“Crowd Prediction Systems: Markets, Polls, and Elite Forecasters”, 2024-01-22 ():
What systems should we use to elicit and aggregate judgmental forecasts? Who should be asked to make such forecasts? We address these questions by assessing two widely used crowd prediction systems: prediction markets and prediction polls. Our main test compares a prediction market against team-based prediction polls, using data from a large, multi-year forecasting competition. Each of these two systems uses inputs from either a large, sub-elite or a small, elite crowd. We find that small, elite crowds outperform larger ones, whereas the two systems are statistically tied.
In addition to this main research question, we examine two complementary questions. First, we compare two market structures—continuous double auction (CDA) markets and logarithmic market scoring rule (LMSR) markets—and find that the LMSR market produces more accurate forecasts than the CDA market, especially on low-activity questions. Second, given the importance of elite forecasters, we compare the talent-spotting properties of the two systems and find that markets and polls are equally effective at identifying elite forecasters.
Overall, the performance benefits of “superforecasting” hold across systems. Managers should move towards identifying and deploying small, select crowds to maximize forecasting performance.
…We are the first to compare the aggregate performance of small, elite forecaster crowds across two prediction systems: logarithmic market scoring rule (LMSR) prediction markets and team prediction polls. Moreover, we compare the aggregate accuracy of elite forecaster crowds to larger, sub-elite crowds using the same prediction systems. The comparison of elite crowds is notable because such a study relies on the resource-intensive process of identifying elite forecasters: it involves engaging with thousands of forecasters reporting on hundreds of questions over multiple years. Studies involving fewer forecasters may need to set lower thresholds for elite status, while studies with fewer questions per season may identify top performers less reliably.
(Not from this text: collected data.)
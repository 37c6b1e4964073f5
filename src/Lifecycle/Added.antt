-- ===== src/Lifecycle/Added.antt =====
-- src/record/lifecycle/graph.rs: the linear rules for a ledger with one more record.
use mathlib.Core.List.{append-nil}
use equill.Base.{
  ℕ, ◌≡◌, ◌≢◌, refl, sym, ap, ◌∙◌, ◌⊎◌, inl, inr, Bool, true, false, Option, none, some, List, [],
  ◌∷◌, ◌++◌, ◌==◌, nat_eq, string_eq, contains, filter, filter-append, Elem, arith, eq_iff,
  if◌then◌else◌, Bool-cases,
}
use equill.Json.{Json}
use equill.Record.{StoredRecord, TypeDefinition}
use equill.Lifecycle.Rules.{key, eligible}
use equill.Lifecycle.Ledger.{Rows}
use equill.Lifecycle.Keys.{fewer, one_more}
use equill.Lifecycle.Heads.{Distinct}
use equill.Lifecycle.Graph.{add_child, count, shared_target, counted, seen_key}

Elem-of_filter :
    {A : Type 0} (test : A → Bool) (xs : List A) (x : A)
    → Elem x (filter test xs)
    → Elem x xs × (test x ≡ true)
unfolding filter
Elem-of_filter test [] x m = elim m [ ]
Elem-of_filter test (y ∷ xs) x m = elim (Bool-cases (test y)) [
  | inl p ↦
      let m' : (y ≡ x) ⊎ Elem x (filter test xs) = rw p at m in
      elim m' [
        | inl e ↦ (inl e, ap test (sym e) ∙ p)
        | inr n ↦ let (q, t) = Elem-of_filter test xs x n in (inr q, t)
      ]
  | inr p ↦ let (q, t) = Elem-of_filter test xs x (rw p at m) in (inr q, t)
]

filter_one :
    {A : Type 0} (test : A → Bool) (x : A) → filter test (x ∷ []) ≡ (if test x then x ∷ [] else [])
unfolding filter
filter_one test x = refl

module _ (j : Json) where
  open j use {Value, to_string, to_string_injective}

  count_absent : (id : ℕ) (ch : List ℕ) → contains ch id ≡ false → count j id ch ≡ 0
  unfolding count contains
  count_absent id [] h = refl
  count_absent id (x ∷ ch) h = ground (arith, count_absent id ch)

  -- A record shares no target after an edge to another record, or none, is added.
  pub unshared :
      (ch : List ℕ) (o c : Option ℕ)
      → shared_target j ch o ≡ false
      → ((t : ℕ) → o ≡ some t → c ≢ some t)
      → shared_target j (add_child j c ch) o ≡ false
  unfolding count
  unshared ch none c h apart = refl
  unshared ch (some t) none h apart = h
  unshared ch (some t) (some s) h apart = let other = apart t refl in ground arith

  -- A record that supersedes a head is its only child.
  pub only_child :
      (ch : List ℕ) (c : Option ℕ)
      → ((t : ℕ) → c ≡ some t → contains ch t ≡ false)
      → shared_target j (add_child j c ch) c ≡ false
  unfolding count
  only_child ch none h = refl
  only_child ch (some t) h = rw (count_absent t ch (h t refl)) (ground arith)

  pub contains-add :
      (c : Option ℕ) (ch : List ℕ) (id : ℕ)
      → contains (add_child j c ch) id ≡ false
      → contains ch id ≡ false
  unfolding contains
  contains-add none ch id h = h
  contains-add (some t) ch id h = ground arith

  counted-fewer :
      (ch : List ℕ) (o : Option ℕ) (r x : StoredRecord Value) (d : TypeDefinition Value)
      → counted j (add_child j o ch) r d x ≡ true
      → counted j ch r d x ≡ true
  unfolding counted
  counted-fewer ch o r x d h = ground (arith, contains-add o ch x.id)

  counted-eligible :
      (ch : List ℕ) (r x : StoredRecord Value) (d : TypeDefinition Value)
      → counted j ch r d x ≡ true
      → eligible j r x d ≡ true
  unfolding counted
  counted-eligible ch r x d h = ground arith

  unseen : (o : Option Value) → seen_key j [] o ≡ false
  unfolding contains
  unseen none = refl
  unseen (some v) = refl

  different : (v w : Value) → v ≢ w → (to_string v == to_string w) ≡ false
  different v w ne = elim (Bool-cases (to_string v == to_string w)) [
    | inl p ↦ absurd (ne (to_string_injective v w ((eq_iff (to_string v) (to_string w)).0 p)))
    | inr p ↦ p
  ]

  -- The heads stay distinct if the new record's key, where its type counts it, is no other head's.
  pub Distinct-add :
      (rs : Rows j) (ch : List ℕ) (r c : StoredRecord Value) (d : TypeDefinition Value)
      → Distinct j rs ch r d
      → ((h : StoredRecord Value) (k : Value)
          → Elem h rs
          → counted j (add_child j c.supersedes ch) r d h ≡ true
          → eligible j r c d ≡ true
          → key j h d ≡ some k
          → key j c d ≢ some k)
      → Distinct j (rs ++ c ∷ []) (add_child j c.supersedes ch) r d
  Distinct-add rs ch r c d u apart =
      let old =
        fewer j d (counted j ch r d) (counted j (add_child j c.supersedes ch) r d) [] [] rs
          (λ x. counted-fewer ch c.supersedes r x d) (λ k h. h) u in
      rw
        (
          filter-append (counted j (add_child j c.supersedes ch) r d) rs (c ∷ []),
          filter_one (counted j (add_child j c.supersedes ch) r d) c,
        )
        (elim (Bool-cases (counted j (add_child j c.supersedes ch) r d c)) [
          | inl p ↦ rw p (
              one_more j d [] (filter (counted j (add_child j c.supersedes ch) r d) rs) c old
                (unseen (key j c d))
                (λ h m v w hv hw.
                  let (place, live) =
                    Elem-of_filter (counted j (add_child j c.supersedes ch) r d) rs h m in
                  different v w (λ e.
                    apart h v place live (counted-eligible (add_child j c.supersedes ch) r c d p) hv
                      (hw ∙ ap some (sym e)))))
          | inr p ↦ rw (p, append-nil (filter (counted j (add_child j c.supersedes ch) r d) rs)) old
        ])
This raises the question whether forming elite forecaster crowds is worth the effort. Our results show that the benefits of employing elite crowds are large and robust across prediction polls and prediction markets, despite the 3× size advantage of sub-elite crowds. Moreover, the advantages of elite over sub-elite crowds are substantially larger than the differences between prediction markets and prediction polls.
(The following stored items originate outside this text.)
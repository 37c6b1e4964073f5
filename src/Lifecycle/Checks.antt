-- ===== src/Lifecycle/Checks.antt =====
-- src/record/lifecycle/graph.rs: the loop over the records, when one record is added, and the edge
-- of the added record.
use equill.Base.{
  ℕ, String, ◌≡◌, refl, sym, ap, ◌∙◌, inl, inr, Option, none, some, List, [], ◌∷◌, nat_eq,
  string_eq, lookup, All, Option-cases,
}
use equill.Kernel.Error.{ok, >>=-eq-ok, >>-eq-ok, ok-injective, ok_or-eq-ok}
use equill.Json.{Json}
use equill.Record.{StoredRecord, TypeDefinition}
use equill.Lifecycle.Rules.{linear_type}
use equill.Lifecycle.Ledger.{Rows, children}
use equill.Lifecycle.Graph.{
  index, find_parent, validate_edge, require_linear_key, target_child, check_record, check_records,
  add_child,
}

module _ (j : Json) where
  open j use {Value}

  abbrev id_of : Option (StoredRecord Value) → Option ℕ
  id_of none = none
  id_of (some r) = some r.id

  abbrev Defs : Type 0
  Defs = List (String × TypeDefinition Value)

  -- An accepted target gives its own id, also under more definitions.
  target_child-extend :
      (m n : Defs) (t : Option (StoredRecord Value)) (ch : Option ℕ)
      → ((name : String) (d : TypeDefinition Value)
          → lookup name m ≡ some d
          → lookup name n ≡ some d)
      → target_child j m t ≡ ok ch
      → (target_child j n t ≡ ok ch) × (ch ≡ id_of t)
  unfolding target_child
  target_child-extend m n none ch x h = (h, sym (ok-injective h))
  target_child-extend m n (some t) ch x h = elim (Option-cases (lookup t.type_name m)) [
    | inl absent ↦ let bad = rw absent at h in cc
    | inr (d, held) ↦
        let k = rw held at h in
        (rw (x t.type_name d held) k, sym (ok-injective ((>>-eq-ok _ _ k).1)))
  ]

  find_parent-extend :
      (m n : List (ℕ × StoredRecord Value)) (o : Option ℕ) (t : Option (StoredRecord Value))
      → ((id : ℕ) (r : StoredRecord Value)
          → lookup id m ≡ some r
          → (lookup id n ≡ some r) × (r.id ≡ id))
      → find_parent j m o ≡ ok t
      → (find_parent j n o ≡ ok t) × (id_of t ≡ o)
  unfolding find_parent
  find_parent-extend m n none t x h = (h, ap id_of (sym (ok-injective h)))
  find_parent-extend m n (some id) t x h = elim (Option-cases (lookup id m)) [
    | inl absent ↦ let bad = rw absent at h in cc
    | inr (r, held) ↦
        let k = ok-injective (rw held at h) in
        (rw ((x id r held).0) (ap ok k), ap id_of (sym k) ∙ ap some ((x id r held).1))
  ]

  -- A record that passes, passes in a larger ledger, and counts for the record it supersedes.
  pub check_record-extend :
      (m n : List (ℕ × StoredRecord Value)) (d e : Defs) (r : StoredRecord Value) (ch : Option ℕ)
      → ((id : ℕ) (s : StoredRecord Value)
          → lookup id m ≡ some s
          → (lookup id n ≡ some s) × (s.id ≡ id))
      → ((name : String) (k : TypeDefinition Value)
          → lookup name d ≡ some k
          → lookup name e ≡ some k)
      → check_record j m d r ≡ ok ch
      → (check_record j n e r ≡ ok r.supersedes) × (ch ≡ r.supersedes)
  unfolding check_record
  check_record-extend m n d e r ch grow more h =
      let (k, held, rest) = >>=-eq-ok (index (lookup r.type_name d)) _ h in
      let (t, parent, rest') = >>=-eq-ok (find_parent j m r.supersedes) _ rest in
      let (edge, rest'') = >>-eq-ok (validate_edge j r t k) _ rest' in
      let (keyed, last) = >>-eq-ok (require_linear_key j r k (linear_type j k)) _ rest'' in
      let (parent', same) = find_parent-extend m n r.supersedes t grow parent in
      let (last', own) = target_child-extend d e t ch more last in
      let own' = own ∙ same in
      (
        rw (more r.type_name k (ok_or-eq-ok _ _ held), parent', edge, keyed, last') (ap ok own'),
        own',
      )

  -- what the loop over the records establishes
  abbrev pub Passes : List (ℕ × StoredRecord Value) → Defs → StoredRecord Value → Type 0
  Passes m d r = check_record j m d r ≡ ok r.supersedes

  pub check_records-Passes :
      (m : List (ℕ × StoredRecord Value)) (d : Defs) (acc ch : List ℕ) (rs : Rows j)
      → ((id : ℕ) (s : StoredRecord Value) → lookup id m ≡ some s → s.id ≡ id)
      → check_records j m d acc rs ≡ ok ch
      → All (Passes m d) rs × (ch ≡ children j acc rs)
  unfolding check_records
  check_records-Passes m d acc ch [] own h = (tt, sym (ok-injective h))
  check_records-Passes m d acc ch (r ∷ rs) own h =
      let (o, one, rest) = >>=-eq-ok (check_record j m d r) _ h in
      let (pass, same) =
        check_record-extend m m d d r o (λ id s k. (k, own id s k)) (λ n k p. p) one in
      let (all, end) =
        check_records-Passes m d (add_child j r.supersedes acc) ch rs own (rw same at rest) in
      ((pass, all), end)

  pub Passes-check_records :
      (m : List (ℕ × StoredRecord Value)) (d : Defs) (acc : List ℕ) (rs : Rows j)
      → All (Passes m d) rs
      → check_records j m d acc rs ≡ ok (children j acc rs)
  unfolding check_records
  Passes-check_records m d acc [] a = refl
  Passes-check_records m d acc (r ∷ rs) a =
      rw (a.0) (Passes-check_records m d (add_child j r.supersedes acc) rs a.1)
In addition to this primary study, we also report on two additional studies, each of which complements the findings of the primary study along a different dimension. In the first, we provide an experimental evaluation of two popular types of prediction market architectures: CDA and LMSR markets. To the best of our knowledge, we are the first to study these methods in a large, randomized experiment. Prior research reporting on CDA and LMSR market performance did not compare the two designs directly but had separate sets of questions for each (2015). Using data from over 1,300 forecasters and a total of 147 questions, we find that the LMSR market achieves higher accuracy than the CDA market. We find that the outperformance by the LMSR market appears particularly pronounced for questions that attracted few traders or soon after a question was posted, when only few traders had placed orders. Both of these correspond to thin markets, and our analyses are hence in line with Hanson’s (2003, 2007) main motivation for the design of the LMSR market architecture.